EXERCISE INSTRUCTIONS
All of the records should be given back exactly and in full.

(Stored data)

● ● ● ● ●

-- ===== src/Weighted/Gcd.antt =====
-- The greatest common divisor that the weights are reduced by.
use native.Mathlib.Nat.{mod-add-div'}
use plecto.Prelude.{
  ℕ, zero, suc, ◌+◌, ◌*◌, ◌/◌, ◌%◌, ◌<◌, ◌≡◌, refl, sym, ap, ap₂, subst, List, [], ◌∷◌, map, some,
  arith, filter, All, Bool-cases, inl, inr, ◌==◌, ==_iff, max,
}
use plecto.Weighted.{gcd, gcd_loop, gcd_from, reduce_gcd, reduced, is_positive, divisor_or_one}

-- `d` times something is `n`.
abbrev pub Divides : ℕ → ℕ → Type 0
Divides d n = (q : ℕ) × (q * d ≡ n)

Divides-div : (d n : ℕ) → Divides d n → 0 < d → n / d * d ≡ n
Divides-div d n (q, e) p = grind (arith, e)

combine : (k q r g b m a : ℕ) → q * g ≡ b → r * g ≡ m → m + k * b ≡ a → (k * q + r) * g ≡ a
combine k q r g b m a e f h = omega (arith, ap (λ (t : ℕ). k * t) e)

gcd_loop-Divides :
    (fuel a b : ℕ) → b < fuel → Divides (gcd_loop fuel a b) a × Divides (gcd_loop fuel a b) b
unfolding gcd_loop
gcd_loop-Divides zero a b h = absurd (omega arith)
gcd_loop-Divides (suc fuel) a b h = elim (Bool-cases (b == 0)) [
  | inl e ↦ rw e ((1, omega arith), (0, ground arith))
  | inr e ↦
      let ((q, f), (r, g)) = gcd_loop-Divides fuel b (a % b) (ground arith) in
      rw e (
        (
          a / b * q + r,
          combine (a / b) q r (gcd_loop fuel b (a % b)) b (a % b) a f g (mod-add-div' a b),
        ),
        (q, f),
      )
]

gcd-Divides : (a b : ℕ) → Divides (gcd a b) a × Divides (gcd a b) b
unfolding gcd
gcd-Divides a b = gcd_loop-Divides (suc b) a b (omega arith)

Divides-trans : (d e n : ℕ) → Divides d e → Divides e n → Divides d n
Divides-trans d e n (q, f) (r, g) = (r * q, omega (arith, ap (λ (t : ℕ). r * t) f))

Divides-pos : (d n : ℕ) → Divides d n → 0 < n → 0 < d
Divides-pos d n (q, f) p = elim (Bool-cases (d == 0)) [
  | inl z ↦ absurd (omega (arith, f, ap (λ (t : ℕ). q * t) ((==_iff d 0).0 z)))
  | inr z ↦ ground arith
]

gcd_from-Divides :
    (a : ℕ) (ws : List ℕ) → Divides (gcd_from a ws) a × All (Divides (gcd_from a ws)) ws
unfolding gcd_from
gcd_from-Divides a [] = ((1, omega arith), tt)
gcd_from-Divides a (w ∷ ws) =
    let (first, rest) = gcd_from-Divides (gcd a w) ws in
    let (left, right) = gcd-Divides a w in
    (
      Divides-trans (gcd_from (gcd a w) ws) (gcd a w) a first left,
      (Divides-trans (gcd_from (gcd a w) ws) (gcd a w) w first right, rest),
    )

pub positive_weights : (ws : List ℕ) → All (λ w. 0 < w) (filter is_positive ws)
positive_weights [] = tt
positive_weights (w ∷ ws) = ground (arith, positive_weights ws)

max_one : (d : ℕ) → 0 < d → max d 1 ≡ d
max_one d h = omega arith

divisor_of_positive :
    (ns : List ℕ)
    → All (λ w. 0 < w) ns
    → (0 < divisor_or_one (reduce_gcd ns)) × All (Divides (divisor_or_one (reduce_gcd ns))) ns
unfolding reduce_gcd
divisor_of_positive [] p = (omega arith, tt)
divisor_of_positive (n ∷ ns) p =
    let (first, rest) = gcd_from-Divides n ns in
    let d_pos = Divides-pos (gcd_from n ns) n first p.0 in
    subst (λ d. (0 < d) × All (Divides d) (n ∷ ns)) (sym (max_one (gcd_from n ns) d_pos))
      (d_pos, (first, rest))

pub reduce_gcd-pos : (ns : List ℕ) (d : ℕ) → All (λ w. 0 < w) ns → reduce_gcd ns ≡ some d → 0 < d
unfolding reduce_gcd
reduce_gcd-pos [] d p e = absurd (cc)
reduce_gcd-pos (n ∷ ns) d p e =
    ground (arith, Divides-pos (gcd_from n ns) n (gcd_from-Divides n ns).0 p.0)

-- The divisor divides every nonzero weight, and is not 0.
pub divisor-Divides :
    (ws : List ℕ)
    → (0 < divisor_or_one (reduce_gcd (filter is_positive ws)))
      × All (Divides (divisor_or_one (reduce_gcd (filter is_positive ws)))) (filter is_positive ws)
divisor-Divides ws = divisor_of_positive (filter is_positive ws) (positive_weights ws)

scaled_back :
    (d : ℕ) (ns : List ℕ) → 0 < d → All (Divides d) ns → map (λ w. w * d) (map (λ w. w / d) ns) ≡ ns
scaled_back d [] p a = refl
scaled_back d (n ∷ ns) p a = ap₂ ◌∷◌ (Divides-div d n a.0 p) (scaled_back d ns p a.1)

-- Reducing the weights keeps their ratio: the nonzero weights are the reduced ones times one positive
-- divisor.
pub reduced-ratio :
    (ws : List ℕ) → (d : ℕ) × (0 < d) × (map (λ w. w * d) (reduced ws) ≡ filter is_positive ws)
unfolding reduced
reduced-ratio ws =
    let (p, a) = divisor-Divides ws in (_, p, scaled_back _ (filter is_positive ws) p a)

quotient_pos : (d n : ℕ) → Divides d n → 0 < d → 0 < n → 0 < n / d
quotient_pos d n e p q = elim (Bool-cases (n / d == 0)) [
  | inl z ↦
      absurd (omega (arith, Divides-div d n e p, ap (λ (t : ℕ). t * d) ((==_iff (n / d) 0).0 z)))
  | inr z ↦ ground arith
]

quotients_pos :
    (d : ℕ) (ns : List ℕ)
    → 0 < d
    → All (Divides d) ns
    → All (λ w. 0 < w) ns
    → All (λ w. 0 < w) (map (λ w. w / d) ns)
quotients_pos d [] p a q = tt
quotients_pos d (n ∷ ns) p a q = (quotient_pos d n a.0 p q.0, quotients_pos d ns p a.1 q.1)

pub reduced_pos : (ws : List ℕ) → All (λ w. 0 < w) (reduced ws)
unfolding reduced
reduced_pos ws =
    let (p, a) = divisor-Divides ws in
    quotients_pos _ (filter is_positive ws) p a (positive_weights ws)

● ● ● ● ●

WRITTEN SOLUTION
-- ===== src/Weighted/Gcd.antt =====
-- The greatest common divisor that the weights are reduced by.
use native.Mathlib.Nat.{mod-add-div'}
use plecto.Prelude.{
  ℕ, zero, suc, ◌+◌, ◌*◌, ◌/◌, ◌%◌, ◌<◌, ◌≡◌, refl, sym, ap, ap₂, subst, List, [], ◌∷◌, map, some,
  arith, filter, All, Bool-cases, inl, inr, ◌==◌, ==_iff, max,
}
use plecto.Weighted.{gcd, gcd_loop, gcd_from, reduce_gcd, reduced, is_positive, divisor_or_one}

-- `d` times something is `n`.
abbrev pub Divides : ℕ → ℕ → Type 0
Divides d n = (q : ℕ) × (q * d ≡ n)

Divides-div : (d n : ℕ) → Divides d n → 0 < d → n / d * d ≡ n
Divides-div d n (q, e) p = grind (arith, e)

combine : (k q r g b m a : ℕ) → q * g ≡ b → r * g ≡ m → m + k * b ≡ a → (k * q + r) * g ≡ a
combine k q r g b m a e f h = omega (arith, ap (λ (t : ℕ). k * t) e)

gcd_loop-Divides :
    (fuel a b : ℕ) → b < fuel → Divides (gcd_loop fuel a b) a × Divides (gcd_loop fuel a b) b
unfolding gcd_loop
gcd_loop-Divides zero a b h = absurd (omega arith)
gcd_loop-Divides (suc fuel) a b h = elim (Bool-cases (b == 0)) [
  | inl e ↦ rw e ((1, omega arith), (0, ground arith))
  | inr e ↦
      let ((q, f), (r, g)) = gcd_loop-Divides fuel b (a % b) (ground arith) in
      rw e (
        (
          a / b * q + r,
          combine (a / b) q r (gcd_loop fuel b (a % b)) b (a % b) a f g (mod-add-div' a b),
        ),
        (q, f),
      )
]

gcd-Divides : (a b : ℕ) → Divides (gcd a b) a × Divides (gcd a b) b
unfolding gcd
gcd-Divides a b = gcd_loop-Divides (suc b) a b (omega arith)

Divides-trans : (d e n : ℕ) → Divides d e → Divides e n → Divides d n
Divides-trans d e n (q, f) (r, g) = (r * q, omega (arith, ap (λ (t : ℕ). r * t) f))

Divides-pos : (d n : ℕ) → Divides d n → 0 < n → 0 < d
Divides-pos d n (q, f) p = elim (Bool-cases (d == 0)) [
  | inl z ↦ absurd (omega (arith, f, ap (λ (t : ℕ). q * t) ((==_iff d 0).0 z)))
  | inr z ↦ ground arith
]

gcd_from-Divides :
    (a : ℕ) (ws : List ℕ) → Divides (gcd_from a ws) a × All (Divides (gcd_from a ws)) ws
unfolding gcd_from
gcd_from-Divides a [] = ((1, omega arith), tt)
gcd_from-Divides a (w ∷ ws) =
    let (first, rest) = gcd_from-Divides (gcd a w) ws in
    let (left, right) = gcd-Divides a w in
    (
      Divides-trans (gcd_from (gcd a w) ws) (gcd a w) a first left,
      (Divides-trans (gcd_from (gcd a w) ws) (gcd a w) w first right, rest),
    )

pub positive_weights : (ws : List ℕ) → All (λ w. 0 < w) (filter is_positive ws)
positive_weights [] = tt
positive_weights (w ∷ ws) = ground (arith, positive_weights ws)

max_one : (d : ℕ) → 0 < d → max d 1 ≡ d
max_one d h = omega arith

divisor_of_positive :
    (ns : List ℕ)
    → All (λ w. 0 < w) ns
    → (0 < divisor_or_one (reduce_gcd ns)) × All (Divides (divisor_or_one (reduce_gcd ns))) ns
unfolding reduce_gcd
divisor_of_positive [] p = (omega arith, tt)
divisor_of_positive (n ∷ ns) p =
    let (first, rest) = gcd_from-Divides n ns in
    let d_pos = Divides-pos (gcd_from n ns) n first p.0 in
    subst (λ d. (0 < d) × All (Divides d) (n ∷ ns)) (sym (max_one (gcd_from n ns) d_pos))
      (d_pos, (first, rest))

pub reduce_gcd-pos : (ns : List ℕ) (d : ℕ) → All (λ w. 0 < w) ns → reduce_gcd ns ≡ some d → 0 < d
unfolding reduce_gcd
reduce_gcd-pos [] d p e = absurd (cc)
reduce_gcd-pos (n ∷ ns) d p e =
    ground (arith, Divides-pos (gcd_from n ns) n (gcd_from-Divides n ns).0 p.0)

-- The divisor divides every nonzero weight, and is not 0.
pub divisor-Divides :
    (ws : List ℕ)
    → (0 < divisor_or_one (reduce_gcd (filter is_positive ws)))
      × All (Divides (divisor_or_one (reduce_gcd (filter is_positive ws)))) (filter is_positive ws)
divisor-Divides ws = divisor_of_positive (filter is_positive ws) (positive_weights ws)

scaled_back :
    (d : ℕ) (ns : List ℕ) → 0 < d → All (Divides d) ns → map (λ w. w * d) (map (λ w. w / d) ns) ≡ ns
scaled_back d [] p a = refl
scaled_back d (n ∷ ns) p a = ap₂ ◌∷◌ (Divides-div d n a.0 p) (scaled_back d ns p a.1)

-- Reducing the weights keeps their ratio: the nonzero weights are the reduced ones times one positive
-- divisor.
pub reduced-ratio :
    (ws : List ℕ) → (d : ℕ) × (0 < d) × (map (λ w. w * d) (reduced ws) ≡ filter is_positive ws)
unfolding reduced
reduced-ratio ws =
    let (p, a) = divisor-Divides ws in (_, p, scaled_back _ (filter is_positive ws) p a)

quotient_pos : (d n : ℕ) → Divides d n → 0 < d → 0 < n → 0 < n / d
quotient_pos d n e p q = elim (Bool-cases (n / d == 0)) [
  | inl z ↦
      absurd (omega (arith, Divides-div d n e p, ap (λ (t : ℕ). t * d) ((==_iff (n / d) 0).0 z)))
  | inr z ↦ ground arith
]

quotients_pos :
    (d : ℕ) (ns : List ℕ)
    → 0 < d
    → All (Divides d) ns
    → All (λ w. 0 < w) ns
    → All (λ w. 0 < w) (map (λ w. w / d) ns)
quotients_pos d [] p a q = tt
quotients_pos d (n ∷ ns) p a q = (quotient_pos d n a.0 p q.0, quotients_pos d ns p a.1 q.1)

pub reduced_pos : (ws : List ℕ) → All (λ w. 0 < w) (reduced ws)
unfolding reduced
reduced_pos ws =
    let (p, a) = divisor-Divides ws in
    quotients_pos _ (filter is_positive ws) p a (positive_weights ws)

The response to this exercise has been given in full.